PROBLEM TO WORK ON:
In the listing below, start your output at the line with "abbrev pub reported : List Output → ℕ" and end it after the line with "abbrev pub IsGreeting : Output → Type 0", copying every line exactly.

DATA SECTION:
-- ===== src/Chargen/Counts.antt =====
-- What the counters count.
use learnuv.Base.{
  ℕ, zero, suc, ◌+◌, ◌%◌, ◌^◌, ◌≡◌, refl, sym, ap, ◌∙◌, ◌⊎◌, inl, inr, Option, none, some, List, [],
  ◌∷◌, ◌++◌, arith, codes, length, take, overwrite, All, length-overwrite, take-overwrite,
  take-take, assertion, use_after_free, Outcome, ok, fail, All-append, if◌then◌else◌, ◌>>=◌, ◌>>◌,
}
use learnuv.Base.Word.{add_size}
use learnuv.Base.Int.{pos, negsuc, ℤ}
use learnuv.Uv.{check_uv, safe_malloc}
use learnuv.Chargen.{
  buf_size, message, message_size, Stats, Chargen, Output, wrote, rate, fill, find, put,
  on_write_end, step, run, freed_on_error, Accept, on_new_connection, on_timeout, Event,
  write_ended, connection, timeout,
}

-- The text is in the buffer and no object is freed.
abbrev pub IsLive : Option Stats → Type 0
IsLive none = ⊥
IsLive (some st) = Unit {0}

-- The bytes that the connections count, and those that the printed lines report.
abbrev pub counted : List (Option Stats) → ℕ
counted [] = 0
counted (none ∷ os) = counted os
counted (some st ∷ os) = st.transfered + counted os

abbrev pub reported : List Output → ℕ
reported [] = 0
reported (wrote i bytes ∷ out) = reported out
reported (rate n t ∷ out) = n + reported out

-- Every write is of the first eight characters of the text.
abbrev pub IsGreeting : Output → Type 0
IsGreeting (wrote i bytes) = bytes ≡ codes "hello wo"
IsGreeting (rate n t) = Unit {0}

pub record IsWell (s : Chargen) : Type 0 where
  pub size : length s.global_buf ≡ buf_size
  pub all_live : All IsLive s.stats

-- How a step or a run may end, with `before` bytes reported already: by a failed write's use of its
-- freed object, by the end of the process, or with the counters in step.
abbrev pub IsCounted : Chargen → Outcome (List Output × Chargen) → Type 0
IsCounted s (fail why) = Unit {0}
IsCounted s (ok (out, t)) =
    IsWell t
    × All IsGreeting out
    × ((reported out + t.transfered + counted s.stats) % 2 ^ 64
        ≡ (s.transfered + counted t.stats) % 2 ^ 64)

reported-append : (xs ys : List Output) → reported (xs ++ ys) ≡ reported xs + reported ys
reported-append [] ys = omega arith
reported-append (wrote i bytes ∷ xs) ys = reported-append xs ys
reported-append (rate n t ∷ xs) ys = omega (arith, reported-append xs ys)

counted-append :
    (xs : List (Option Stats)) (st : Stats)
    → counted (xs ++ some st ∷ []) ≡ counted xs + st.transfered
counted-append [] st = omega arith
counted-append (none ∷ xs) st = counted-append xs st
counted-append (some x ∷ xs) st = omega (arith, counted-append xs st)

pub fill-ok :
    (s : Chargen)
    → length s.global_buf ≡ buf_size
    → (t : Chargen) × (fill s ≡ ok t)
      × (length t.global_buf ≡ buf_size)
      × (take message_size t.global_buf ≡ codes "hello wo")
      × (t.stats ≡ s.stats)
      × (t.transfered ≡ s.transfered)
unfolding fill
fill-ok s h = (
  record s { global_buf = overwrite 0 (message ++ 0 ∷ []) s.global_buf },
  ground arith,
  length-overwrite 0 (message ++ 0 ∷ []) s.global_buf ∙ h,
  text,
  refl,
  refl,
)
  where
    text : take message_size (overwrite 0 (message ++ 0 ∷ []) s.global_buf) ≡ codes "hello wo"
    text =
        sym (take-take 8 13 (overwrite 0 (message ++ 0 ∷ []) s.global_buf) (omega arith))
        ∙ ap (take 8) (take-overwrite 0 13 (message ++ 0 ∷ []) s.global_buf (omega arith) refl)

-- An object that is looked up, in a list without freed ones.
pub record Found (os : List (Option Stats)) (i : ℕ) (o : Outcome Stats) : Type 0 where
  pub st : Stats
  pub found : o ≡ ok st
  pub changed :
      (new : Stats)
      → (counted (put os i (some new)) + st.transfered ≡ counted os + new.transfered)
        × All IsLive (put os i (some new))

pub find-Found :
    (os : List (Option Stats)) (i : ℕ)
    → All IsLive os
    → (find os i ≡ fail assertion) ⊎ Found os i (find os i)
unfolding find put
find-Found [] i h = inl refl
find-Found (none ∷ os) i h = absurd h.0
find-Found (some st ∷ os) zero h =
    inr (record { st = st; found = refl; changed = λ new. (omega arith, (tt, h.1)) })
find-Found (some st ∷ os) (suc i) h = elim (find-Found os i h.1) [
  | inl e ↦ inl e
  | inr f ↦ inr (record {
    st = f.st;
    found = f.found;
    changed = λ new. (omega (arith, f.changed new), (tt, (f.changed new).1));
  })
]

-- An object that is freed is found no more.
find-put-none :
    (os : List (Option Stats)) (i : ℕ) (st : Stats)
    → find os i ≡ ok st
    → find (put os i none) i ≡ fail use_after_free
unfolding find put
find-put-none [] i st e = absurd (ground arith)
find-put-none (o ∷ os) zero st e = refl
find-put-none (none ∷ os) (suc i) st e = find-put-none os i st e
find-put-none (some x ∷ os) (suc i) st e = find-put-none os i st e

-- A write that fails makes the program use the counters that it has just freed.
pub on_write_end-fails :
    (s : Chargen) (i e : ℕ) (st : Stats)
    → length s.global_buf ≡ buf_size
    → find s.stats i ≡ ok st
    → on_write_end s i (negsuc e) ≡ fail use_after_free
unfolding on_write_end freed_on_error
on_write_end-fails s i e st h found =
    let (t, filled, _, _, same, _) = fill-ok (record s { stats = put s.stats i none }) h in
    rw (found, filled, same, find-put-none s.stats i st found)

on_write_end-IsCounted :
    (s : Chargen) (i : ℕ) (n : ℕ) → IsWell s → IsCounted s (on_write_end s i (pos n))
unfolding on_write_end freed_on_error
on_write_end-IsCounted s i n w = elim (find-Found s.stats i w.all_live) [
  | inl e ↦ rw e tt
  | inr f ↦
      let (t, filled, size, text, same, kept) = fill-ok s w.size in
      let (adds, live) =
        f.changed (record f.st { transfered = add_size f.st.transfered message_size }) in
      rw (f.found, filled, same, f.found)
        (record { size = size; all_live = live }, (text, tt), omega (arith, adds, kept))
]

failed-IsCounted : (s : Chargen) (i e : ℕ) → IsWell s → IsCounted s (on_write_end s i (negsuc e))
failed-IsCounted s i e w = elim (find-Found s.stats i w.all_live) [
  | inl missing ↦ unfold on_write_end in rw missing tt
  | inr f ↦ rw (on_write_end-fails s i e f.st w.size f.found) tt
]

pub snoc-IsLive :
    (os : List (Option Stats)) (st : Stats) → All IsLive os → All IsLive (os ++ some st ∷ [])
snoc-IsLive os st h = All-append IsLive os (some st ∷ []) h (tt, tt)

on_new_connection-IsCounted :
    (s : Chargen) (status : ℤ) (a : Accept) → IsWell s → IsCounted s (on_new_connection s status a)
unfolding on_new_connection
on_new_connection-IsCounted s (negsuc e) a w = (w, tt, omega arith)
on_new_connection-IsCounted s (pos n) a w =
    tests (safe_malloc a.got) (check_uv a.accepted) (check_uv a.peer)
      (if a.is_inet then check_uv a.name else ok tt)
  where
    filled : IsCounted s (
        ◌>>=◌ {Next = List Output × Chargen} (fill s) (λ s'. ok (
          wrote (length s'.stats) (take message_size s'.global_buf) ∷ [],
          record s' { stats = s'.stats ++ some (record { start = a.now; transfered = 0 }) ∷ [] },
        )))
    filled =
        let (t, e, size, text, same, kept) = fill-ok s w.size in
        rw (e, same)
          (
            record {
              size = size;
              all_live = snoc-IsLive s.stats (record { start = a.now; transfered = 0 }) w.all_live;
            },
            (text, tt),
            omega (arith, kept, counted-append s.stats (record { start = a.now; transfered = 0 })),
          )

    tests :
        (o₁ o₂ o₃ o₄ : Outcome (Unit {0}))
        → IsCounted s (
            o₁
            >> (o₂
                >> (o₃
                    >> (o₄
                        >> ◌>>=◌ {Next = List Output × Chargen} (fill s) (λ s'. ok (
                          wrote (length s'.stats) (take message_size s'.global_buf) ∷ [],
                          record s' {
                            stats =
                                s'.stats ++ some (record { start = a.now; transfered = 0 }) ∷ [];
                          },
                        ))))))
    tests (fail why) o₂ o₃ o₄ = tt
    tests (ok _) (fail why) o₃ o₄ = tt
    tests (ok _) (ok _) (fail why) o₄ = tt
    tests (ok _) (ok _) (ok _) (fail why) = tt
    tests (ok _) (ok _) (ok _) (ok _) = filled

step-IsCounted : (s : Chargen) (e : Event) → IsWell s → IsCounted s (step s e)
unfolding step on_timeout
step-IsCounted s (write_ended i (pos n)) w = on_write_end-IsCounted s i n w
step-IsCounted s (write_ended i (negsuc e)) w = failed-IsCounted s i e w
step-IsCounted s (connection status a) w = on_new_connection-IsCounted s status a w
step-IsCounted s (timeout now) w =
    (record { size = w.size; all_live = w.all_live }, (tt, tt), omega arith)

chain-IsCounted :
    (s : Chargen) (o : Outcome (List Output × Chargen))
    (next : Chargen → Outcome (List Output × Chargen))
    → IsCounted s o
    → ((t : Chargen) → IsWell t → IsCounted t (next t))
    → IsCounted s (o >>= (λ r. next r.1 >>= (λ r'. ok (r.0 ++ r'.0, r'.1))))
chain-IsCounted s (fail why) next c h = tt
chain-IsCounted s (ok (out, t)) next (w, texts, sums) h = joined (next t) (h t w)
  where
    joined :
        (o : Outcome (List Output × Chargen))
        → IsCounted t o
        → IsCounted s (◌>>=◌ {Next = List Output × Chargen} o (λ r'. ok (out ++ r'.0, r'.1)))
    joined (fail why) c = tt
    joined (ok (out', u)) (w', texts', sums') =
        (w', All-append IsGreeting out out' texts texts', omega (arith, reported-append out out'))

pub run-IsCounted : (s : Chargen) (es : List Event) → IsWell s → IsCounted s (run s es)
unfolding run
run-IsCounted s [] w = (w, tt, omega arith)
run-IsCounted s (e ∷ es) w =
    chain-IsCounted s (step s e) (λ t. run t es) (step-IsCounted s e w)
      (λ t w'. run-IsCounted t es w')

RESPONSE TO THIS EXERCISE:
abbrev pub reported : List Output → ℕ
reported [] = 0
reported (wrote i bytes ∷ out) = reported out
reported (rate n t ∷ out) = n + reported out

-- Every write is of the first eight characters of the text.
abbrev pub IsGreeting : Output → Type 0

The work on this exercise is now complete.